EXERCISE GOAL
Find the word "false" in the records below. List each line containing it.
[Opening SUPPLIED MATERIAL section]
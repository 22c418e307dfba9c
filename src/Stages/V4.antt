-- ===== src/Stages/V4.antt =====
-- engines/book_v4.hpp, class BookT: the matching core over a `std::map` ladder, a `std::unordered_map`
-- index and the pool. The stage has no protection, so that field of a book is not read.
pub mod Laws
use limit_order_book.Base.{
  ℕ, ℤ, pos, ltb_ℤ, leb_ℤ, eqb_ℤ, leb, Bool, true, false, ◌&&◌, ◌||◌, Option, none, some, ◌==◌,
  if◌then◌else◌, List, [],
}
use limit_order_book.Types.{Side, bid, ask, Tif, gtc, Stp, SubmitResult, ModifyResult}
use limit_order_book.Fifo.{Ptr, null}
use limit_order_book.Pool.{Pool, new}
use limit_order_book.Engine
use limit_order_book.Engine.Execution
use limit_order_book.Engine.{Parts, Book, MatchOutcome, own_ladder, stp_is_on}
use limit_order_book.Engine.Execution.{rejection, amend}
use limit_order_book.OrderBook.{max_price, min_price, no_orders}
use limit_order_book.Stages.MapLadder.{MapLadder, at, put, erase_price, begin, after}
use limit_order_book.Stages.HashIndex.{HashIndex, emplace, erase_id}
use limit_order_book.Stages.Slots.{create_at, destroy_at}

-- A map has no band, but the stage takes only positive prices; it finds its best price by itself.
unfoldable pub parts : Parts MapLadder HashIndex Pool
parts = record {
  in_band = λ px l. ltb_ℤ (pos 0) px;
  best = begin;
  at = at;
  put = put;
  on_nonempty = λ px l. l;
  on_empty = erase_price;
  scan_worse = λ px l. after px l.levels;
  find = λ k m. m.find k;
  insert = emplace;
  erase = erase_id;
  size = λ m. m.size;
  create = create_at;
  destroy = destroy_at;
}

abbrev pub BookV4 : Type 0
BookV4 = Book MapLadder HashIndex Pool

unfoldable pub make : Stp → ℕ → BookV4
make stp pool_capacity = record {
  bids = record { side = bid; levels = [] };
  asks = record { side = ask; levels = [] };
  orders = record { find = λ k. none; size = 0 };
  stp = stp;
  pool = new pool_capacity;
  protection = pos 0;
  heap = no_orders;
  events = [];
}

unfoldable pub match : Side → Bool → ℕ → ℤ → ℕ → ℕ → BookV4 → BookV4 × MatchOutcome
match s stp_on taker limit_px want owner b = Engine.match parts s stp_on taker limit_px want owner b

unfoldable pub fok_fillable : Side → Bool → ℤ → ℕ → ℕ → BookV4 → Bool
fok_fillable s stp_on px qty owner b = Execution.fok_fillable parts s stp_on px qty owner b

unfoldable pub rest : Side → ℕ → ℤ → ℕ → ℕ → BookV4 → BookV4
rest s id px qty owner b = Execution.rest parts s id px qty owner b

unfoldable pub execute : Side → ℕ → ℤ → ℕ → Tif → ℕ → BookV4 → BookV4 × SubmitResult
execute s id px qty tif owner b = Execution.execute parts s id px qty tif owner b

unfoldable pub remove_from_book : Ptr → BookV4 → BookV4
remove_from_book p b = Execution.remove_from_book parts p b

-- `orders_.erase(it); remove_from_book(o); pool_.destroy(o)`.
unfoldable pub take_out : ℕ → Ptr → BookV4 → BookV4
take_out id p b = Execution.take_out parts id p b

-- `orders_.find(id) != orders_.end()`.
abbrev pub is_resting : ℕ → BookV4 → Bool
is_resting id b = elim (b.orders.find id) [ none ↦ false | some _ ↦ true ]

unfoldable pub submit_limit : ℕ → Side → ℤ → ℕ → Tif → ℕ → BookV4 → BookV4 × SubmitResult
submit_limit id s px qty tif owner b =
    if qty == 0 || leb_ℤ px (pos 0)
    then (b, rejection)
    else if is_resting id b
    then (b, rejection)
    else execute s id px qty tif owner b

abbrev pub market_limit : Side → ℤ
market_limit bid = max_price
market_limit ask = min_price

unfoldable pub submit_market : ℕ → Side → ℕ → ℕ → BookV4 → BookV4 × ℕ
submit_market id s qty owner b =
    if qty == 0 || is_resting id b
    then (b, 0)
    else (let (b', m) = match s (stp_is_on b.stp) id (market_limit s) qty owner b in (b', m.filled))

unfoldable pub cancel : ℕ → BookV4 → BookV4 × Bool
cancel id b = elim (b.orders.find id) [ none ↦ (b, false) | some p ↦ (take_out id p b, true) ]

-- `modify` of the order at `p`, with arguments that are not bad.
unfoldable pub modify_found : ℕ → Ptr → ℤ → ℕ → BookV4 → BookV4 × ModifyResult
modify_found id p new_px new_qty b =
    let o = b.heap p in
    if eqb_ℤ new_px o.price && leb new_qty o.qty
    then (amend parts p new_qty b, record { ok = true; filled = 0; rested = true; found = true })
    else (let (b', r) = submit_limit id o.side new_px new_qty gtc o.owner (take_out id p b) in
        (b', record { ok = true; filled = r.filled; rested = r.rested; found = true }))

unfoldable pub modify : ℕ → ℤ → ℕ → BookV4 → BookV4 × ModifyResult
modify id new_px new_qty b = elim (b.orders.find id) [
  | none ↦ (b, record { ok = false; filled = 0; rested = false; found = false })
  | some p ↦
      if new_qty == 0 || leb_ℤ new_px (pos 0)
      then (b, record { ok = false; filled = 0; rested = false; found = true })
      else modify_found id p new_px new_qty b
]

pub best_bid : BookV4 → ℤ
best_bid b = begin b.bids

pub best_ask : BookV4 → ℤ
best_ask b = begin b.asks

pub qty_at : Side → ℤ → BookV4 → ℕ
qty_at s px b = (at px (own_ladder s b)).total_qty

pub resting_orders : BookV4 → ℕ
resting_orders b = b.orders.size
[Closing SUPPLIED MATERIAL section]
[Opening SUPPLIED MATERIAL section]
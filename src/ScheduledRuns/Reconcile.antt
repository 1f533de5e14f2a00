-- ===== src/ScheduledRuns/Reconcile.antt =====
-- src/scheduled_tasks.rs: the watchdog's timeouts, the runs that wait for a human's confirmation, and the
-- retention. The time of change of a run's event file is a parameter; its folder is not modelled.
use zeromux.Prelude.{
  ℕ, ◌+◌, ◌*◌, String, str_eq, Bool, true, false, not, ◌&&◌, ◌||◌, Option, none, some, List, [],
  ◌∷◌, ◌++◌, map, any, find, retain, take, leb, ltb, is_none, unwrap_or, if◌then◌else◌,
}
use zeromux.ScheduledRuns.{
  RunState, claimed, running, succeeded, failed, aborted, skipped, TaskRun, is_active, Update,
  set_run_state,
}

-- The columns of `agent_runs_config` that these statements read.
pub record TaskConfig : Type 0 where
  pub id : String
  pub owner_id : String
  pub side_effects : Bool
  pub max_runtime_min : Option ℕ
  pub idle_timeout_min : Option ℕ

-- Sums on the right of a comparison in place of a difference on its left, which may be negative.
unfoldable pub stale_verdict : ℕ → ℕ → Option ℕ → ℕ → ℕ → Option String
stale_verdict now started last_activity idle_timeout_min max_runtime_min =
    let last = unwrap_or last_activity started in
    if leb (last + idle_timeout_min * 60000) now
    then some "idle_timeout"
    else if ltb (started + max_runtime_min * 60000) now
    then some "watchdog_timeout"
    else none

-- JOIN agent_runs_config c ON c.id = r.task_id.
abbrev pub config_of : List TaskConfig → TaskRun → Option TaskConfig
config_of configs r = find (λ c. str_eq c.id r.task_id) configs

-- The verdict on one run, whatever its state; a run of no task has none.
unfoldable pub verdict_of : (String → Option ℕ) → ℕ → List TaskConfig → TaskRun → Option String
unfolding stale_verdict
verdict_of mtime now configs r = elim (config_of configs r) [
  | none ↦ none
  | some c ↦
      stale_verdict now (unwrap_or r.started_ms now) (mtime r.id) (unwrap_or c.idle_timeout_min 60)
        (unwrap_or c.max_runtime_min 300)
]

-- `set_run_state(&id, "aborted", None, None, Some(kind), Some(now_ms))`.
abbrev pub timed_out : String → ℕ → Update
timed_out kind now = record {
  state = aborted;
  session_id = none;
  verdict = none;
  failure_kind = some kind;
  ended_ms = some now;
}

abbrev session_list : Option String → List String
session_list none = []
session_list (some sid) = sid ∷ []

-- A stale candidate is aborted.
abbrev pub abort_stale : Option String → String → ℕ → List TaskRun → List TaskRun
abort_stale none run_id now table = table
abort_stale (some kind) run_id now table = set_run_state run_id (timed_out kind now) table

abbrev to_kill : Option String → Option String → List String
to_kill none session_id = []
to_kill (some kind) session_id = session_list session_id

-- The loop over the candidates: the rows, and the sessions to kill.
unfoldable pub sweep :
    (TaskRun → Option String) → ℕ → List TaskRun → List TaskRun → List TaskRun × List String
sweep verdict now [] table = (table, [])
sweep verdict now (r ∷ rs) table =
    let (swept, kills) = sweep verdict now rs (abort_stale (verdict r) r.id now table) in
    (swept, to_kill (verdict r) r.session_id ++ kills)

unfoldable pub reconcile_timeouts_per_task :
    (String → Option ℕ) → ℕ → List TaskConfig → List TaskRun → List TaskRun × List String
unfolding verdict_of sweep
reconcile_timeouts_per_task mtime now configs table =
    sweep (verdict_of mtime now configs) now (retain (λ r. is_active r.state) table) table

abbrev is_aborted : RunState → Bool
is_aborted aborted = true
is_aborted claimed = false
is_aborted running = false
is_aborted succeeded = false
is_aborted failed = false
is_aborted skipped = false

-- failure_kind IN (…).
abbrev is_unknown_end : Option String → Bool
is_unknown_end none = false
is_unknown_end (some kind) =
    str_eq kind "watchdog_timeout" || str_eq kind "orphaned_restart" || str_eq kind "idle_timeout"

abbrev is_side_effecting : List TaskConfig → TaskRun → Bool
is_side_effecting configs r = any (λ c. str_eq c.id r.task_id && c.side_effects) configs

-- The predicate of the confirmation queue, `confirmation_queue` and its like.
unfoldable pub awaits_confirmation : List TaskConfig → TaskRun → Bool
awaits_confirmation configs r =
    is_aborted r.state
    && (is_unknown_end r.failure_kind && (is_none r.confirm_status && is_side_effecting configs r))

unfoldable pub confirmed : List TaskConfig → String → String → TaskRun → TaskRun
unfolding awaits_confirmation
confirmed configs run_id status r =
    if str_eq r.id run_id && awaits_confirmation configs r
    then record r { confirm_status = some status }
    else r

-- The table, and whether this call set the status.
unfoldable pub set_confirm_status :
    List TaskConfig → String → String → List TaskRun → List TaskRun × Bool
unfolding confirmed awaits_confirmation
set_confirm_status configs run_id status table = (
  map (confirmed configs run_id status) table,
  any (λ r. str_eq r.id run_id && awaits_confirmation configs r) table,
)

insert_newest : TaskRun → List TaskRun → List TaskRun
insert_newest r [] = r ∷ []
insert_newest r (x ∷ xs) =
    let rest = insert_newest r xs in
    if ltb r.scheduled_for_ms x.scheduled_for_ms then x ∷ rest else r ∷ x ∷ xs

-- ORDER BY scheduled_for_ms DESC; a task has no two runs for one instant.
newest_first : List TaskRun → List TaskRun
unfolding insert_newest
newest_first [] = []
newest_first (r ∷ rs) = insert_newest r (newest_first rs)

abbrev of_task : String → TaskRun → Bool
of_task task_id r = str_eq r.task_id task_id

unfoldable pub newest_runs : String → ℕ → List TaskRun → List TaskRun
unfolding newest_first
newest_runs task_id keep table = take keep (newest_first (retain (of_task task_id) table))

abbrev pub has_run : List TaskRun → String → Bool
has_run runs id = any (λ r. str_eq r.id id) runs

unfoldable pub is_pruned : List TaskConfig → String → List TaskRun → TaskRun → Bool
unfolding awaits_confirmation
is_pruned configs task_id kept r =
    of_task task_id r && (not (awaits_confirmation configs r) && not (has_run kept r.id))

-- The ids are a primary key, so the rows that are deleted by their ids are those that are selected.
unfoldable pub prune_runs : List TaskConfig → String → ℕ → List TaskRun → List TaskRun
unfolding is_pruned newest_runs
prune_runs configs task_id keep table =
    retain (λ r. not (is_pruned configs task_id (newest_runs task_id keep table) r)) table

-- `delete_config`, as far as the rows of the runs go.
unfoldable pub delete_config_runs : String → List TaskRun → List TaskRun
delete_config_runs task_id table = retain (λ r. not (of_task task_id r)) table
[Closing SUPPLIED MATERIAL section]
SOLVED EXERCISE
  ℕ, ℤ, pos, ltb_ℤ, leb_ℤ, eqb_ℤ, leb, Bool, true, false, ◌&&◌, ◌||◌, Option, none, some, ◌==◌,
is_resting id b = elim (b.orders.find id) [ none ↦ false | some _ ↦ true ]
cancel id b = elim (b.orders.find id) [ none ↦ (b, false) | some p ↦ (take_out id p b, true) ]
  | none ↦ (b, record { ok = false; filled = 0; rested = false; found = false })
      then (b, record { ok = false; filled = 0; rested = false; found = true })
  ℕ, ◌+◌, ◌*◌, String, str_eq, Bool, true, false, not, ◌&&◌, ◌||◌, Option, none, some, List, [],
is_aborted claimed = false
is_aborted running = false
is_aborted succeeded = false
is_aborted failed = false
is_aborted skipped = false
is_unknown_end none = false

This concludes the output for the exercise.